Your goal ▸
Below are lines of data, and only some are wanted. Please repeat exactly those from the line that has "same then none else o) ≡ some v" through the line that has "nothing_found : (shut".

Data to examine ▸

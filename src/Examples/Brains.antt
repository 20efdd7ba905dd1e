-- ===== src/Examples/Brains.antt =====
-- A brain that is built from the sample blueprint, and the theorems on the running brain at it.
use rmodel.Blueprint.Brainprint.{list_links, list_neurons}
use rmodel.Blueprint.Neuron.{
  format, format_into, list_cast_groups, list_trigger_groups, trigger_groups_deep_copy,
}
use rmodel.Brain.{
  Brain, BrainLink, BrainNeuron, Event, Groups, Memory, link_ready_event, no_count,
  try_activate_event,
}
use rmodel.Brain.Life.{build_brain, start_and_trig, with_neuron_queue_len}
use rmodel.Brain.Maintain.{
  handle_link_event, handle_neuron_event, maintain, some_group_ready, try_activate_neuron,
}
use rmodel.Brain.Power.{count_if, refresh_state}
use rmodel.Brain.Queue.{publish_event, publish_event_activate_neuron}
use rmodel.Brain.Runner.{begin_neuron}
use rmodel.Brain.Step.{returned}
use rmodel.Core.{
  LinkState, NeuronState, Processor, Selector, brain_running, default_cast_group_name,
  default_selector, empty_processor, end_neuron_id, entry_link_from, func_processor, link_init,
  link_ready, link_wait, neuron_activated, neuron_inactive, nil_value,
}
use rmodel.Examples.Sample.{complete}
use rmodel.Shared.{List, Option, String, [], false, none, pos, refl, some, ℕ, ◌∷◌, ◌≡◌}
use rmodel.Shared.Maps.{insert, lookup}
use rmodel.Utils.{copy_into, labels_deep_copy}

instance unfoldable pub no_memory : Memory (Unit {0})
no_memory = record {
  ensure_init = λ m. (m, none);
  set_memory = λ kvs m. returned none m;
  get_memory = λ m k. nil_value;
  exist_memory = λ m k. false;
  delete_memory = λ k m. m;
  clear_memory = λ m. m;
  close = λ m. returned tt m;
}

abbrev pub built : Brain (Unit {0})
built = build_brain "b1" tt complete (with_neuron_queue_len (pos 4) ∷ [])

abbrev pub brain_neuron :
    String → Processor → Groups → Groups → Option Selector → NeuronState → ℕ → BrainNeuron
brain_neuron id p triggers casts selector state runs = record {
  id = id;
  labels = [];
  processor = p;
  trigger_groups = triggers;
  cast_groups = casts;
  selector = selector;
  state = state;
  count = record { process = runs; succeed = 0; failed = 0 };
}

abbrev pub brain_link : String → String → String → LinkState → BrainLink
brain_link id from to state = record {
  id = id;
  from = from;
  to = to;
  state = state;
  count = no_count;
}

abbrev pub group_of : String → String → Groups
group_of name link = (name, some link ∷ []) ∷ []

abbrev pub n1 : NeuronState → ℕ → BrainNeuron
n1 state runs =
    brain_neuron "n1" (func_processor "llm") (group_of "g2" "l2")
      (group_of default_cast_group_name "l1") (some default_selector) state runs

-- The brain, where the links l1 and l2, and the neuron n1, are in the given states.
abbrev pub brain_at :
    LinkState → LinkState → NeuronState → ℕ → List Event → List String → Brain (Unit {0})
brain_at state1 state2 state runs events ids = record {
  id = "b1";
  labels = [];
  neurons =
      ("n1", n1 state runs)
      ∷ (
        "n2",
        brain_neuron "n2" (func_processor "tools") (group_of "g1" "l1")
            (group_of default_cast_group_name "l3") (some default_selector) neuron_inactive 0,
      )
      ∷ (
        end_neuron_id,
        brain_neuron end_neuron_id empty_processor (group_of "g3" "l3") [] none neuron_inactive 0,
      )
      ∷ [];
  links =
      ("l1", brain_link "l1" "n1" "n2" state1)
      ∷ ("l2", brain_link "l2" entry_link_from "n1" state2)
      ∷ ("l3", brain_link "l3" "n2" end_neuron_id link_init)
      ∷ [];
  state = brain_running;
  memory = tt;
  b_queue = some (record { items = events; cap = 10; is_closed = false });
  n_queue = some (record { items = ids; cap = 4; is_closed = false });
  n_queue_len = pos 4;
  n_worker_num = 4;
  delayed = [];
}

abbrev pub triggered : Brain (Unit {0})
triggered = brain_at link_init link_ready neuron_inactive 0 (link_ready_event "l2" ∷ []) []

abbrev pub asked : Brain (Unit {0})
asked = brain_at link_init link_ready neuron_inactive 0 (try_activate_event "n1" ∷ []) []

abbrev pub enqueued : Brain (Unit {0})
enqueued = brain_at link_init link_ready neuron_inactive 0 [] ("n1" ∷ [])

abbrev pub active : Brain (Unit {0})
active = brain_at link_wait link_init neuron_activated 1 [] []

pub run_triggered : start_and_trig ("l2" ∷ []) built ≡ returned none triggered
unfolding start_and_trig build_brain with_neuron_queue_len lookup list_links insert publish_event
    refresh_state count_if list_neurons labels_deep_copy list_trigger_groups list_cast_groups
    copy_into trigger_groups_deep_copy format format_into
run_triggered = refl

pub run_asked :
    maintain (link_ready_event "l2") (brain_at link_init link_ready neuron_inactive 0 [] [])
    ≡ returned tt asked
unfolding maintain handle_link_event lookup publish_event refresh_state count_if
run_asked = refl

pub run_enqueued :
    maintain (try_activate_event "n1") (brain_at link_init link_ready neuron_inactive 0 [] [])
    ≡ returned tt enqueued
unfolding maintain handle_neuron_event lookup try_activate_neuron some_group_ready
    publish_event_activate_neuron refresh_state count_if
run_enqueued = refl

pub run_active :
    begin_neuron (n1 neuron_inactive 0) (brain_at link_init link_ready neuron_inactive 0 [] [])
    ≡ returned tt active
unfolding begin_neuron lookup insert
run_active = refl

---

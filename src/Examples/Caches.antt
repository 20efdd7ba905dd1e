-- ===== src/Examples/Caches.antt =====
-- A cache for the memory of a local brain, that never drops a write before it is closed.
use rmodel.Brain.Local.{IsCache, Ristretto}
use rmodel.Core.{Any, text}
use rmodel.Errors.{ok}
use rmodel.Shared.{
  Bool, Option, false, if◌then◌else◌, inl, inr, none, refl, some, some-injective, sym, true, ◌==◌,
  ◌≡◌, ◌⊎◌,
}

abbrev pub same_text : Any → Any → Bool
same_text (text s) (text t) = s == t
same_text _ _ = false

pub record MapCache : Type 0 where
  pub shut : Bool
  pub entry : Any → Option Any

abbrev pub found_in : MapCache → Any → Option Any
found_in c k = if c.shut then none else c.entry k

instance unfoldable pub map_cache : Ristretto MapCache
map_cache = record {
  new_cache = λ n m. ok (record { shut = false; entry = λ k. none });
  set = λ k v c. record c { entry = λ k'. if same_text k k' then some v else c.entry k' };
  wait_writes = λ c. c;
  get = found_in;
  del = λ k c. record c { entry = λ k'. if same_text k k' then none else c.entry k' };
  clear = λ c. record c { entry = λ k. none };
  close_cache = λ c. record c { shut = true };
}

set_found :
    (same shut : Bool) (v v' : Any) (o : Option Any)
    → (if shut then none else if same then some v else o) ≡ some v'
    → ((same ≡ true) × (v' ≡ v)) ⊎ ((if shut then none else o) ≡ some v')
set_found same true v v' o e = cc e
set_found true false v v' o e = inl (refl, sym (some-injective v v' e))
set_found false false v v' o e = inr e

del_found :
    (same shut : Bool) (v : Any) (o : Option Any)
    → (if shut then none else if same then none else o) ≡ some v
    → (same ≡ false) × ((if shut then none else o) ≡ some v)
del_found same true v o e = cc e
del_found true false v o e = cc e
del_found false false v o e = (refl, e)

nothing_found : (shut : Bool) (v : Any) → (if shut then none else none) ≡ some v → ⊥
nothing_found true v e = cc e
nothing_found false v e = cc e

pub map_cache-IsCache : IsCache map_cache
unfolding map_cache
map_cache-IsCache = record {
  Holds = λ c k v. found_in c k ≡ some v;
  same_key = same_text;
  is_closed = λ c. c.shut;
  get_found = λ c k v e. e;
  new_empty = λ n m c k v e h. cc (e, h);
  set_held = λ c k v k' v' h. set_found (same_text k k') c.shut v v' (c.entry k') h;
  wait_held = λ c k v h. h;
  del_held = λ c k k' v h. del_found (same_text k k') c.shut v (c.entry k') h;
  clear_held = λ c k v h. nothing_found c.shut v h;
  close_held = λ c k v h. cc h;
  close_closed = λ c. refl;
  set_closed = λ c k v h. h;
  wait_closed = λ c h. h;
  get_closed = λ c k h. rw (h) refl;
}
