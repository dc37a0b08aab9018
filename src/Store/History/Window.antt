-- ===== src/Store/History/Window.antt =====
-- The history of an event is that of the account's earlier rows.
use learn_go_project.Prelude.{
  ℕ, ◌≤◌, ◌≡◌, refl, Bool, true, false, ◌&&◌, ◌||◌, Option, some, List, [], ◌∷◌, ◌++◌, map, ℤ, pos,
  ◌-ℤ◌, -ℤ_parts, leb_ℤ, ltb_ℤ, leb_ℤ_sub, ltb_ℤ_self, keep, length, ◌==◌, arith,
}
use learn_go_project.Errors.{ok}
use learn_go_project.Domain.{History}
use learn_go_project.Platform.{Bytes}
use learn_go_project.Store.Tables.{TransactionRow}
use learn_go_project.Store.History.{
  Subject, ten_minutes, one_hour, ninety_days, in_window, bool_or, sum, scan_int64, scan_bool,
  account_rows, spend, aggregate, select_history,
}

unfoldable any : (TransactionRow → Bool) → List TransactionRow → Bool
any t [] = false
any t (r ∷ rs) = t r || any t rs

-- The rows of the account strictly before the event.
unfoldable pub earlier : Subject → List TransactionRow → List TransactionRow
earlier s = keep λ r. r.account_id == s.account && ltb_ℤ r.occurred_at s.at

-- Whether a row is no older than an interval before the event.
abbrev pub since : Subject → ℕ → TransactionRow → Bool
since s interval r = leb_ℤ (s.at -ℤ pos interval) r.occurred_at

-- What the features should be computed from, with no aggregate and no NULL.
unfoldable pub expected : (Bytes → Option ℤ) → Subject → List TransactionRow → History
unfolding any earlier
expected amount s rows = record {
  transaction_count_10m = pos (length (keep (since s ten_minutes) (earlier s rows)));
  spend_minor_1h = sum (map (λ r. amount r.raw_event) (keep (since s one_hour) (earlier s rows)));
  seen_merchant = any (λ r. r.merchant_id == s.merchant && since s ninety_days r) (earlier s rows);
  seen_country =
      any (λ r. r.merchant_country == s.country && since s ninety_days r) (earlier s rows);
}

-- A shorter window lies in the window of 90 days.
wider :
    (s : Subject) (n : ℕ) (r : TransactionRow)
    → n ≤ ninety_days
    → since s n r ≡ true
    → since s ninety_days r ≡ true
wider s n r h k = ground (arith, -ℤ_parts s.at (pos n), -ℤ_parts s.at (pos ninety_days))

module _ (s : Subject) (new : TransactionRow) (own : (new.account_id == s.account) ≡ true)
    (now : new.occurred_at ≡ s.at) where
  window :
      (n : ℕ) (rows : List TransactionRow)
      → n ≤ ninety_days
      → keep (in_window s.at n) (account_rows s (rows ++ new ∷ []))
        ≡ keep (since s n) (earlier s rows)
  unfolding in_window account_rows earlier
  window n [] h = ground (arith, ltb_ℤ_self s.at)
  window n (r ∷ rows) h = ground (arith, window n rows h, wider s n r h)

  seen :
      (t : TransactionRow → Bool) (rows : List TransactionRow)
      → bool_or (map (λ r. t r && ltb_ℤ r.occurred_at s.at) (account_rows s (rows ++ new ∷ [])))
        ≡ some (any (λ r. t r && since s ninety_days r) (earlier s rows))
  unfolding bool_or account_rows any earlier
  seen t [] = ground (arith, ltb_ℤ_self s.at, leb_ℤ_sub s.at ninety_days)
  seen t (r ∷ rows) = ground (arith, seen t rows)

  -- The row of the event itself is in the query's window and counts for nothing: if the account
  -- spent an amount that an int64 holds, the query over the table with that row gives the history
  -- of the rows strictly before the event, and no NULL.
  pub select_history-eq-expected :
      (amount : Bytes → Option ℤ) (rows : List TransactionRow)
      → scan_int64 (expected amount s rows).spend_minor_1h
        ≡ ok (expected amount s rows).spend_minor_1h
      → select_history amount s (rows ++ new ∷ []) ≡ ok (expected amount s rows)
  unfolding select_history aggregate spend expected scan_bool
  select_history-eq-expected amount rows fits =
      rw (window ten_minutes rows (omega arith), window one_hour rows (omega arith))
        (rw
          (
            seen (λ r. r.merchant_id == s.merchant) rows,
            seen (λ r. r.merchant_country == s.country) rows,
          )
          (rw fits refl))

Solution below ▸
    → (if shut then none else if same then none else o) ≡ some v
    → (same ≡ false) × ((if shut then none else o) ≡ some v)
del_found same true v o e = cc e
del_found true false v o e = cc e
del_found false false v o e = (refl, e)

nothing_found : (shut : Bool) (v : Any) → (if shut then none else none) ≡ some v → ⊥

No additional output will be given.